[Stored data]
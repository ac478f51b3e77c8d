-- ===== src/Service/Table.antt =====
-- The plan of each function of the table in src/libzbxpgsql.c, from the key and the parameters of
-- the request alone.
use libzbxpgsql.Base.{
  ℕ, leb, ◌-◌, Bool, true, false, ◌||◌, Option, none, some, List, [], ◌∷◌, ◌++◌, Text, bytes,
  printf, same, starts, length, drop, strisnull, if◌then◌else◌,
}
use libzbxpgsql.Runtime.{Env, Request}
use libzbxpgsql.Params.Laws.{appended}
use libzbxpgsql.Connect.{param_first}
use libzbxpgsql.Query.{ResultType, ar_string, ar_uint64, ar_double, percentage_query}
use libzbxpgsql.Queries.{Queries, get_query_by_name}
use libzbxpgsql.Items.{formatted, text_of_result}
use libzbxpgsql.Items.Backends.{
  max_query_len, get_backends, get_longest_query, get_longest_query_92, backends_ratio, pid_column,
}
use libzbxpgsql.Items.Backends.Laws.{filters, filters_text}
use libzbxpgsql.Items.Bgwriter.{bgwriter_stat, bg_time_ratio}
use libzbxpgsql.Items.Database.{get_db_stat, get_db_stat_sum}
use libzbxpgsql.Items.Table.{get_table_stat_sum, get_table_stat}
use libzbxpgsql.Items.Index.{get_index_stat_sum, get_index_stat}
use libzbxpgsql.Items.UserQuery.Laws.{user_params, chosen}
use libzbxpgsql.Service.Plans.{
  Plan, undefined, refuse, value, rows, all_rows, index_stat, by_version,
}

-- The key behind its first `n` bytes.
abbrev pub field_plan : ℕ → Text → (Text → Plan) → Plan
field_plan n key next = if leb n (length key) then next (drop n key) else undefined

-- The type that a key of PG_QUERY asks for.
abbrev pub type_plan : Text → Text → List Text → Plan
type_plan type query ss =
    if starts type (bytes "string") 5
    then value ar_string query ss
    else if starts type (bytes "integer") 7
    then value ar_uint64 query ss
    else if starts type (bytes "double") 6
    then value ar_double query ss
    else if starts type (bytes "discovery") 9
    then rows query ss
    else undefined

abbrev pub found_plan : Text → Text → List Text → Option (Option Text) → Plan
found_plan key given ss none = undefined
found_plan key given ss (some found) =
    field_plan 9 key (λ type. type_plan type (chosen found given) ss)

abbrev pub query_plan : Queries → Request → Option Text → Plan
query_plan queries request none = refuse [] (bytes "No query or query-key specified")
query_plan queries request (some []) = refuse [] (bytes "No query or query-key specified")
query_plan queries request (some (c ∷ s)) =
    found_plan request.key (c ∷ s) (user_params request (request.nparam - 3) 3)
      (get_query_by_name queries (c ∷ s))

-- The condition on `waiting`, if the parameter is a valid one.
abbrev pub waiting_clause : Option Text → Option Text
waiting_clause none = some []
waiting_clause (some []) = some []
waiting_clause (some (c ∷ s)) =
    if starts (bytes "true") (c ∷ s) 5
    then some (bytes " AND waiting = TRUE")
    else if starts (bytes "false") (c ∷ s) 6
    then some (bytes " AND waiting = FALSE")
    else none

-- The mode of a discovery.
abbrev pub mode_plan : Option Text → Plan → Plan → Plan
mode_plan none deep shallow = deep
mode_plan (some mode) deep shallow =
    if strisnull (some mode) || same mode (bytes "deep")
    then deep
    else if same mode (bytes "shallow")
    then shallow
    else refuse [] (printf (bytes "Invalid search mode parameter: %s") (mode ∷ []))

abbrev pub index_plan : Option Text → Option Text → Plan
index_plan mode none = undefined
index_plan mode (some query) = mode_plan mode (all_rows query) (rows query [])

abbrev pub time_plan : Env → Option Text → Option Text → Plan
time_plan env action none =
    refuse [] (printf (bytes "Invalid action parameter: %s") (text_of_result action ∷ []))
time_plan env action (some field) = value ar_double (formatted env bg_time_ratio (field ∷ [])) []

module _ (env : Env) (request : Request) where
  abbrev name : Option Text
  name = request.rparam param_first

  -- One query for the object that is named, and another for all of them.
  abbrev pub name_plan : ResultType → Text → Text → Plan
  name_plan type sum one = value type (if strisnull name then sum else one) (appended [] name)

  -- An object that must be named.
  abbrev pub required_plan : Text → (List Text → Plan) → Plan
  required_plan message plan = if strisnull name then refuse [] message else plan (appended [] name)

  abbrev pub ratio_plan : (table sum1 sum2 col1 col2 col_filter : Text) → Plan
  ratio_plan table sum1 sum2 col1 col2 col_filter =
      if strisnull name
      then value ar_double (percentage_query env table sum1 sum2 none) []
      else value ar_double (percentage_query env table col1 col2 (some col_filter))
          (appended [] name)

  -- A plan with the conditions on pg_stat_activity and their parameters.
  abbrev pub filters_plan : (Text → List Text → Plan) → Option Text → Plan
  filters_plan next none = refuse (filters env request) (
      printf (bytes "Unsupported parameter value: \"%s\" in %s")
        (text_of_result (request.rparam 5) ∷ request.key ∷ []))
  filters_plan next (some text) = next (filters_text env request ++ text) (filters env request)

  abbrev pub with_filters : (Text → List Text → Plan) → Plan
  with_filters next = filters_plan next (waiting_clause (request.rparam 5))

  abbrev pub counted_plan : Bool → Text → List Text → Plan
  counted_plan old text ss =
      value ar_uint64
        (env.clip max_query_len (printf get_backends (pid_column env old ∷ text ∷ []))) ss

  abbrev pub backends_ratio_plan : Bool → Plan
  backends_ratio_plan old =
      value ar_double (env.clip max_query_len (printf backends_ratio (pid_column env old ∷ []))) []

  abbrev pub longest_plan : Bool → Text → List Text → Plan
  longest_plan old text ss =
      value ar_double
        (env.clip max_query_len
          (printf (if old then get_longest_query else get_longest_query_92) (text ∷ [])))
        ss

  abbrev pub duration_plan : Text → List Text → Plan
  duration_plan text ss = by_version ss (longest_plan true text ss) (longest_plan false text ss)

  -- A column of pg_stat_bgwriter.
  abbrev pub bgwriter_plan : Text → Plan
  bgwriter_plan field =
      let query = formatted env bgwriter_stat (field ∷ []) in
      if starts field (bytes "checkpoint_") 11
      then value ar_double query []
      else if starts field (bytes "stats_reset") 11
      then value ar_string query []
      else value ar_uint64 query []

  -- A column that is named: which of them need a name, and the query with the column.
  abbrev pub database_plan : Text → Plan
  database_plan field =
      let query =
        formatted env (if strisnull name then get_db_stat_sum else get_db_stat) (field ∷ []) in
      if starts field (bytes "stats_reset") 11
      then required_plan (bytes "No database specified") (value ar_string query)
      else if starts field (bytes "blk_") 4
      then value ar_double query (appended [] name)
      else value ar_uint64 query (appended [] name)

  abbrev pub table_plan : Text → Plan
  table_plan field =
      let query =
        formatted env (if strisnull name then get_table_stat_sum else get_table_stat)
          (field ∷ []) in
      if starts field (bytes "last_") 5
      then required_plan (bytes "No table name specified") (value ar_string query)
      else value ar_uint64 query (appended [] name)

  abbrev pub column_plan : Text → Text → Text → Plan
  column_plan sum one field =
      value ar_uint64 (formatted env (if strisnull name then sum else one) (field ∷ []))
        (appended [] name)

  abbrev pub index_stat_plan : Text → Plan
  index_stat_plan field =
      index_stat
        (formatted env (if strisnull name then get_index_stat_sum else get_index_stat) (field ∷ []))
        (appended [] name)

BRIEF: In the entries above, locate every line with the word "rparam" and copy it.

SOLUTION TO THIS PROBLEM:
  name = request.rparam param_first
        (text_of_result (request.rparam 5) ∷ request.key ∷ []))
  with_filters next = filters_plan next (waiting_clause (request.rparam 5))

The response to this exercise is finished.